[MATERIAL SUPPLIED]
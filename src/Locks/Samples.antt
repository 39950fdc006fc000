-- ===== src/Locks/Samples.antt =====
-- validate_locks.py: a root with one engine in two directories, its readiness mod and two recipes.
use Prim.Native.Char.{code}
use home_lab.Prelude.{
  ℕ, zero, suc, joined, String, Bool, true, false, ◌&&◌, Option, none, some, List, [], ◌∷◌, ◌==◌,
  drop_chars, bool_eq, str_eq, if◌then◌else◌,
}
use home_lab.Prelude.Int.{pos}
use home_lab.Program.{pure}
use home_lab.Json.{Json, null, bool, int, str, arr, obj, nil, cons, Fields, end, field}
use home_lab.Prelude.Dict.{Dict}
use home_lab.Locks.Checks.{Python}
use home_lab.Locks.Dockerfile.{Mod}
use home_lab.Locks.Lock.{qwen_tp1, readiness}
use home_lab.Locks.Recipe.{Locked, RecipePath}
use home_lab.Locks.Repository.{Manifest, Tree}

-- Repeated characters
abbrev pub repeated : ℕ → String → String
repeated zero s = ""
repeated (suc n) s = joined s (repeated n s)

abbrev pub pin : Json
pin = str (repeated 64 "a")

abbrev pub revision : Json
revision = str (repeated 40 "b")

abbrev pub image_id : Json
image_id = str (joined "sha256:" (repeated 64 "c"))

abbrev reference : Json
reference = str "qwen:bbbbbbb-dddddddddddd"

abbrev pub base_image : String
base_image = joined "debian@sha256:" (repeated 64 "e")

abbrev files : Fields
files = field "patches/one.patch" pin end

abbrev patch : Json
patch = obj (
    field "file" (str "patches/one.patch") (
      field "repository" (str "owner/server") (
        field "base" revision
          (field "commit" revision (field "paths" (arr (cons (str "src/main.zig") nil)) end)))))

abbrev build : Json
build = obj (
    field "base_image" (str base_image) (
      field "zig_version" (str "0.14.1") (
        field "zig_sha256" pin (
          field "zig_cpu" (str "native") (
            field "kernel_source_mtime" (str "1700000000")
              (field "pip_packages" (arr (cons (str "numpy==2.1.0") nil)) end))))))

abbrev weights : Json
weights = obj (field "repository" (str "owner/model") (field "revision" revision end))

abbrev pub lock : Fields
lock = field "engine_repository" (str "owner/engine") (
    field "engine_revision" revision (
      field "image" reference (
        field "image_id" image_id (
          field "mod_files" (obj files) (
            field "kit_repository" (str "owner/kit") (
              field "kit_revision" revision (
                field "engine_branch" (str "main") (
                  field "weights" weights (
                    field "server_patches" (arr (cons patch nil)) (
                      field "build" build (
                        field "kit_patch_count" (int (pos 3))
                          (field "kit_patches_sha256" pin end))))))))))))

abbrev pub ready_lock : Fields
ready_lock = field "mod_files" (obj (field "readiness.py" pin end)) end

abbrev trimmed : String → String
trimmed String.[] = ""
trimmed (String.◌∷◌ c s) = let rest = trimmed s in if code c == 32 then rest else String.◌∷◌ c rest

-- The words between spaces
abbrev add_letter : String → List String → List String
add_letter s [] = s ∷ []
add_letter s (w ∷ words) = joined s w ∷ words

abbrev pub words_of : String → List String
words_of String.[] = "" ∷ []
words_of (String.◌∷◌ c s) =
    let rest = words_of s in if code c == 32 then "" ∷ rest else add_letter (String.◌∷◌ c "") rest

abbrev mutual
  same_json : Json → Json → Bool
  same_json null null = true
  same_json (bool a) (bool b) = bool_eq a b
  same_json (int (pos a)) (int (pos b)) = a == b
  same_json (str a) (str b) = str_eq a b
  same_json (obj d) (obj e) = same_fields d e
  same_json _ _ = false

  same_fields : Fields → Fields → Bool
  same_fields end end = true
  same_fields (field j v d) (field k w e) = str_eq j k && same_json v w && same_fields d e
  same_fields _ _ = false

abbrev document : String → Option Json
document name =
    if str_eq name "engine"
    then some (obj lock)
    else if str_eq name "ready"
    then some (obj ready_lock)
    else none

abbrev pub engine_mod : Mod
engine_mod = record {
  name = "qwen";
  dockerfile = some (pure (joined "FROM " base_image));
  index_text = pure "";
  bytes_of = λ _. pure "";
}

abbrev pub ready_mod : Mod
ready_mod = record {
  name = "tensorfold-readiness-v2";
  dockerfile = none;
  index_text = pure "";
  bytes_of = λ _. pure "";
}

abbrev gate : String
gate = "python3 /opt/tensorfold-readiness/readiness.py --context 8192 --model qwen"

abbrev metadata : Fields
metadata = field "profile" (str "qwen") (
    field "engine_revision" revision (
      field "kit_revision" revision (
        field "upstream_patch_count" (int (pos 3))
          (field "server_patch_count" (int (pos 1)) (field "target_model_revision" revision end)))))

abbrev defaults : Fields
defaults =
    field "entrypoint" (str "/usr/local/bin/tensorfold-entrypoint")
      (field "context" (int (pos 8192)) (field "served_model_name" (str "qwen") end))

abbrev sources : Json
sources = arr (
    cons
      (obj (
        field "name" (str "owner/model")
          (field "revision" revision (field "target" (str "/models") end))))
      nil)

abbrev pub recipe : Fields
recipe = field "runtime" (str "tensorfold") (
    field "recipe_version" (str "2") (
      field "mods" (arr (cons (str "mods/qwen") (cons (str "mods/tensorfold-readiness-v2") nil))) (
        field "metadata" (obj metadata) (
          field "defaults" (obj defaults) (
            field "container" image_id (
              field "model" (str "owner/model") (
                field "model_revision" revision (
                  field "distribution_config"
                    (obj (field "models" (obj (field "entries" sources end)) end))
                    (field "post_exec" (arr (cons (str gate) nil)) end)))))))))

abbrev pub python : Python
python = record {
  strip = trimmed;
  upper = λ s. s;
  equal = same_json;
  text_of = λ _. "8192";
  words_of_lines = λ s. words_of s ∷ [];
  shlex_split = λ s. some (words_of s);
  loads = document;
  safe_load = λ _. some (obj recipe);
  sha256 = λ _. repeated 64 "0";
}

abbrev after_mods : String → String
after_mods s = drop_chars 5 s

abbrev pub recipe_path : RecipePath
recipe_path = record { stem = "qwen"; resolve = λ s. s; name_of = after_mods }

abbrev pub engine : Manifest
engine = record {
  path = "mods/qwen/upstream.lock.json";
  is_direct = true;
  mod_dir = engine_mod;
  resolved = "mods/qwen";
  content = pure "engine";
}

abbrev ready : Manifest
ready = record {
  path = "mods/tensorfold-readiness-v2/upstream.lock.json";
  is_direct = true;
  mod_dir = ready_mod;
  resolved = "mods/tensorfold-readiness-v2";
  content = pure "ready";
}

-- The same engine in another directory, with a recipe of its own
abbrev pub copy : Manifest
copy = record {
  path = "mods/copy/upstream.lock.json";
  is_direct = true;
  mod_dir = engine_mod;
  resolved = "mods/copy";
  content = pure "engine";
}

abbrev copy_path : RecipePath
copy_path = record {
  stem = "qwen";
  resolve = λ s. if str_eq s "mods/qwen" then "mods/copy" else s;
  name_of = after_mods;
}

abbrev pub tree : Tree
tree = record {
  has_mods = true;
  manifests = copy ∷ engine ∷ ready ∷ [];
  entries =
      record { name = "copy"; is_dir = true; has_lock = true }
      ∷ record { name = "qwen"; is_dir = true; has_lock = true }
      ∷ record { name = "tensorfold-readiness-v2"; is_dir = true; has_lock = true }
      ∷ record { name = "__pycache__"; is_dir = true; has_lock = false }
      ∷ [];
  files =
      record { top = "copies"; path = copy_path; content = pure "" }
      ∷ record { top = "benchmarks"; path = copy_path; content = pure "" }
      ∷ record { top = "qwen.yaml"; path = recipe_path; content = pure "" }
      ∷ [];
}

abbrev pub locks : Dict Locked
locks =
    ("mods/qwen", (lock, qwen_tp1)) ∷ ("mods/tensorfold-readiness-v2", (ready_lock, readiness)) ∷ []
[/MATERIAL SUPPLIED]
— EXERCISE PROMPT —
Please give back exactly the lines of this listing beginning at the line with "-- ===== src/Locks/Samples.antt" and ending with the line with "pin = str (repeated", both included, and nothing else.

— EXPECTED OUTPUT —
-- ===== src/Locks/Samples.antt =====
-- validate_locks.py: a root with one engine in two directories, its readiness mod and two recipes.
use Prim.Native.Char.{code}
use home_lab.Prelude.{
  ℕ, zero, suc, joined, String, Bool, true, false, ◌&&◌, Option, none, some, List, [], ◌∷◌, ◌==◌,
  drop_chars, bool_eq, str_eq, if◌then◌else◌,
}
use home_lab.Prelude.Int.{pos}
use home_lab.Program.{pure}
use home_lab.Json.{Json, null, bool, int, str, arr, obj, nil, cons, Fields, end, field}
use home_lab.Prelude.Dict.{Dict}
use home_lab.Locks.Checks.{Python}
use home_lab.Locks.Dockerfile.{Mod}
use home_lab.Locks.Lock.{qwen_tp1, readiness}
use home_lab.Locks.Recipe.{Locked, RecipePath}
use home_lab.Locks.Repository.{Manifest, Tree}

-- Repeated characters
abbrev pub repeated : ℕ → String → String
repeated zero s = ""
repeated (suc n) s = joined s (repeated n s)

abbrev pub pin : Json
pin = str (repeated 64 "a")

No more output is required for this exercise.